■ Available data ■
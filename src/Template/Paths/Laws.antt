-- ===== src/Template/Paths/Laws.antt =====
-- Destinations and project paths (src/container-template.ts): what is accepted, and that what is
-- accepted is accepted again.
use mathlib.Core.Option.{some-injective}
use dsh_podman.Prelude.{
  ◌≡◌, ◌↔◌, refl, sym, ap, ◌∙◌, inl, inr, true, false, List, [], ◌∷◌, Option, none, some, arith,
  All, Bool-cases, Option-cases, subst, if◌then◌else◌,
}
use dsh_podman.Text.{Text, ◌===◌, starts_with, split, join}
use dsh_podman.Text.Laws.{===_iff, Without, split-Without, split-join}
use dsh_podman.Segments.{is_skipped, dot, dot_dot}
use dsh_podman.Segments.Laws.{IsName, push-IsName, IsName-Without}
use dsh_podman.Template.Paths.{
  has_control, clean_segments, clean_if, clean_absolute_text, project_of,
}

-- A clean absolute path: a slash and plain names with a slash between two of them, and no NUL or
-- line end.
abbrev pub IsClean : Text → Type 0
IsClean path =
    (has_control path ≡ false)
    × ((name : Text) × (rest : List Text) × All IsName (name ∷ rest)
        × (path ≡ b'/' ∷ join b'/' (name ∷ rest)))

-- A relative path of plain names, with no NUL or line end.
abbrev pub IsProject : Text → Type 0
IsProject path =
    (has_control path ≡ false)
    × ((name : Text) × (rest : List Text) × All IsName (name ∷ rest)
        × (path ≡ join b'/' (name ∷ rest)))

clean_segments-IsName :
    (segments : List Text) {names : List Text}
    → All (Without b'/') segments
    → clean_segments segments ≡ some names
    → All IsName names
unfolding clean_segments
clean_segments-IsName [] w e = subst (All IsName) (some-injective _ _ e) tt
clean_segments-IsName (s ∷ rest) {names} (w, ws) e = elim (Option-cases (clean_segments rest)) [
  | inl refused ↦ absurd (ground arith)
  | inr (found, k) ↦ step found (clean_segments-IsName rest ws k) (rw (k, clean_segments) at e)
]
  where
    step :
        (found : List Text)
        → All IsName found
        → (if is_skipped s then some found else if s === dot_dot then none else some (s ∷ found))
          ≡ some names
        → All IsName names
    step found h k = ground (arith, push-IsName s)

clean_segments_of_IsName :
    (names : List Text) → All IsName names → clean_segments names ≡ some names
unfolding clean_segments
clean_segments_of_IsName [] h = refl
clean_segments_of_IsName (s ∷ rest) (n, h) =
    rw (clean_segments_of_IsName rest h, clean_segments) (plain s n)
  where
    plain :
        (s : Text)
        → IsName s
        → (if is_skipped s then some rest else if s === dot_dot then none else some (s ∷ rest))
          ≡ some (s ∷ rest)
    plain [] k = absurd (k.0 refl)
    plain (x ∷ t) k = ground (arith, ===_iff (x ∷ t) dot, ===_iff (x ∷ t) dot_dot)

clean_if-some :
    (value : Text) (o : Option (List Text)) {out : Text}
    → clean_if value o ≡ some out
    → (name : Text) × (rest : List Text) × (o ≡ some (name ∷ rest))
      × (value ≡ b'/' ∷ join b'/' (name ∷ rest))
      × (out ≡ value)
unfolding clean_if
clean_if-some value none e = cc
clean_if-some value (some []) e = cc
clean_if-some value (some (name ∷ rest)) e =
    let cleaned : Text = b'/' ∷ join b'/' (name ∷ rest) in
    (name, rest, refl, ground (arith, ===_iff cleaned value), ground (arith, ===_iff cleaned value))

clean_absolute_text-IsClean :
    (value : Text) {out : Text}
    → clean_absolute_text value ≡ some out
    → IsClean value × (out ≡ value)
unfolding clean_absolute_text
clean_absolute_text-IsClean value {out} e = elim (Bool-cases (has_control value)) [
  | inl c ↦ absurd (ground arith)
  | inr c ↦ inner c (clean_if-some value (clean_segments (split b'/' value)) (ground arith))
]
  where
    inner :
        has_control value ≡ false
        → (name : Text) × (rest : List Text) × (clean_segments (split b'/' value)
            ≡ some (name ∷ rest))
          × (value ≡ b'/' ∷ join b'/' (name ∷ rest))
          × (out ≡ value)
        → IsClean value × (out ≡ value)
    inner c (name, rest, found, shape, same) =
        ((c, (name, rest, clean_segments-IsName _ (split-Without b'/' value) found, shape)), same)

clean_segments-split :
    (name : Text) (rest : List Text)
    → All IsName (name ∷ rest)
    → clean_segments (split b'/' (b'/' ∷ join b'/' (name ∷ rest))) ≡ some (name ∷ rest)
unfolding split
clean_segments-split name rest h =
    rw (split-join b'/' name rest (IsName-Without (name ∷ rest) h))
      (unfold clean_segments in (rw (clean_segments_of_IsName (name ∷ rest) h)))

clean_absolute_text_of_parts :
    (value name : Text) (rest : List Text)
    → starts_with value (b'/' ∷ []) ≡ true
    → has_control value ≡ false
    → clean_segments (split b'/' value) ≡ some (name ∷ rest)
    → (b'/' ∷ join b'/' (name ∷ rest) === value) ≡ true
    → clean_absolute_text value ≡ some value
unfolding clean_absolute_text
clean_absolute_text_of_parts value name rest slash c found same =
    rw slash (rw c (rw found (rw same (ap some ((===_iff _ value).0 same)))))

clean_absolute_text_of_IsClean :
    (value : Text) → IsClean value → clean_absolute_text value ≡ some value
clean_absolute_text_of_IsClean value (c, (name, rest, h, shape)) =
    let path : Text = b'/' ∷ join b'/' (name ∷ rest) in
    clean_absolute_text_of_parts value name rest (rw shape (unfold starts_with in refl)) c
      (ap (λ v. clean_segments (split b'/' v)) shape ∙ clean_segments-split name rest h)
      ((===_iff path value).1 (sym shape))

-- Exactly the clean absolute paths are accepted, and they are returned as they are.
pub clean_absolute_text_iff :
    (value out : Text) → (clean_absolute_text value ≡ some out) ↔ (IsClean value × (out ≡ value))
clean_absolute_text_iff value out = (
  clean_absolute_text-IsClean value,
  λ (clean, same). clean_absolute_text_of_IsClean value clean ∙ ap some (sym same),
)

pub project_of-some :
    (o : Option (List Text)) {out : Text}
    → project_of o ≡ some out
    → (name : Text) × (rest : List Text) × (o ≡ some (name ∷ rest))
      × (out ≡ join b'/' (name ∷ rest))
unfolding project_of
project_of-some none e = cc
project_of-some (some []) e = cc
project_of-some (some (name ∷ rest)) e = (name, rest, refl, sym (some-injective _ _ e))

■ How to complete this task ■
Which of the lines above carry the string "injective"? Copy every one.

■ Written reply ■
use mathlib.Core.Option.{some-injective}
clean_segments-IsName [] w e = subst (All IsName) (some-injective _ _ e) tt
project_of-some (some (name ∷ rest)) e = (name, rest, refl, sym (some-injective _ _ e))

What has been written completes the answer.